# problems growing dwarf hairgrass



## BriFran9 (Sep 5, 2006)

For some reason I can't seem to get dwarf hairgrass to grow in my 10G, I pretty sure i have all the specs to be capable to grow it, i have about 3.6 wpg, eco complete substrate and dose with excel. Anyone have any suggestions on maybe how to get it growing?


----------



## neilshieh (Jun 24, 2010)

can you describe your problem? not much info is given. is the plant not spreading? dying?
if you bought it from florida aquatics, it's going to take some time to convert from emmersed to submersed form.


----------



## BriFran9 (Sep 5, 2006)

it just doesnt seem to wanna spread, it begins to shoots out runners but they dont seem to wanna grow very high


----------



## neilshieh (Jun 24, 2010)

what species is this? it might be the substrate...


----------



## ValorG (Dec 23, 2007)

I notice that some rooted/plants that reproduce through runners take some time to get established. But once they are established, they grow like weeds. How long has it been since you first planted them?


----------



## XMX (Feb 17, 2011)

+1 on what ValorG said. Another trick I've learned is to grow it emersed, first.
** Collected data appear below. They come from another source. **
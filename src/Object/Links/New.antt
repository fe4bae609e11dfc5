-- ===== src/Object/Links/New.antt =====
-- `obj_new` of server/object.c on well-formed links.
use s3d.Base.{
  ℕ, zero, suc, ◌≡◌, ◌≢◌, refl, ap, ◌∙◌, arith, true, if◌then◌else◌, ◌==◌, Bool-cases, none, some,
  [], ◌∷◌, inl, inr,
}
use s3d.Object.{minus_one, Floats, Obj, Table, obj_valid}
use s3d.Object.Links.View.{Node, absent, node_at, node, IsLinked}
use s3d.Object.Links.Listed.{Listed-same}
use s3d.Object.Links.Forest.{IsForest, Rooted-same}
use s3d.Object.Links.Life.{new_obj, free_entry, put_entry, obj_new}

abbrev single : Node
single = record absent { there = true }

module _ {F : Type 0} where
  pub free_entry-free : (t : Table F) → obj_valid t (free_entry t) ≡ none
  unfolding free_entry obj_valid
  free_entry-free [] = refl
  free_entry-free (none ∷ t) = refl
  free_entry-free (some o ∷ t) = free_entry-free t

  pub put_entry-valid :
      (t : Table F) (obj : Obj F) (j : ℕ)
      → obj_valid (put_entry t obj) j ≡ (if free_entry t == j then some obj else obj_valid t j)
  unfolding free_entry put_entry obj_valid
  put_entry-valid [] obj zero = ground arith
  put_entry-valid [] obj (suc j) = ground arith
  put_entry-valid (none ∷ t) obj zero = ground arith
  put_entry-valid (none ∷ t) obj (suc j) = ground arith
  put_entry-valid (some o ∷ t) obj zero = ground arith
  put_entry-valid (some o ∷ t) obj (suc j) = ground (arith, put_entry-valid t obj j)

  -- `obj_new` puts an object without links into an entry where there was none.
  obj_new-node :
      (fl : Floats F) (one_f : F) (t : Table F) (j : ℕ)
      → node (obj_new fl one_f t).1 j ≡ (if (obj_new fl one_f t).0 == j then single else node t j)
  unfolding node obj_new new_obj
  obj_new-node fl one_f t j =
      ap node_at (put_entry-valid t (new_obj fl one_f) j)
      ∙ (elim (Bool-cases (free_entry t == j)) [ inl e ↦ rw e refl | inr e ↦ rw e refl ])

module _ {n n' : ℕ → Node} (pos : ℕ) (h : IsLinked n) (free : n pos ≡ absent)
    (in_range : pos ≢ minus_one) (e : (j : ℕ) → n' j ≡ (if pos == j then single else n j)) where
  with_single-IsLinked : IsLinked n'
  with_single-IsLinked = record {
    bounded = ground (arith, e minus_one, h.bounded);
    gone = λ i. ground (arith, e i, h.gone i);
    next_ok = λ i. ground (arith, e i, e (n i).next, h.next_ok i, h.bounded, h.gone minus_one);
    prev_ok = λ i. ground (arith, e i, e (n i).prev, h.prev_ok i, h.bounded, h.gone minus_one);
    sub_ok = λ i. ground (arith, e i, e (n i).sub, h.sub_ok i, h.bounded, h.gone minus_one);
    first_ok = λ i. ground (arith, e i, e (n i).parent, h.first_ok i, h.parent_ok i);
    free_ok = λ i. ground (arith, e i, h.free_ok i);
    parent_ok = λ i. ground (arith, e i, e (n i).parent, h.parent_ok i);
    flag_ok = λ i. ground (arith, e i, h.flag_ok i);
  }

module _ {F : Type 0} where
  -- A new object leaves the links well formed and without a circle, in a table of fewer than 2 ^ 32 - 1
  -- entries.
  pub obj_new-IsForest :
      (fl : Floats F) (one_f : F) (t : Table F)
      → (obj_new fl one_f t).0 ≢ minus_one
      → IsForest (node t)
      → IsForest (node (obj_new fl one_f t).1)
  unfolding node obj_new
  obj_new-IsForest fl one_f t r h = record {
    links =
        with_single-IsLinked (free_entry t) h.links (ap node_at (free_entry-free t)) r
          (obj_new-node fl one_f t);
    rooted = λ i.
        Rooted-same (λ j. ground (arith, obj_new-node fl one_f t j, ap node_at (free_entry-free t)))
          (h.rooted i);
    listed = λ i.
        Listed-same (λ j. ground (arith, obj_new-node fl one_f t j, ap node_at (free_entry-free t)))
          (h.listed i);
  }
This worked for me with belem hair grass.


----------



## lildark185 (Jul 7, 2006)

I had the same problem when I first started with dhg. My 2x2 patch would not spread and some of it was dislodged by bottom dwellers and floated to the top. Once floating it would start growing faster, but I'm sure the whole point of dhg is to produce a carpet on the substrate.  I replanted the stems and after a week trimmed the tops of it even though there wasn't significant growth. From then on it's been spreading rather rapidly. With continued trimming, the plants will get the message to spread horizontally.


----------



## Aquaticz (May 22, 2009)

I have the opposite problem & I am thinking ofplacing some plastic dividers in the substrate to keep it check.
I grow it in a substrate callled oil dri


----------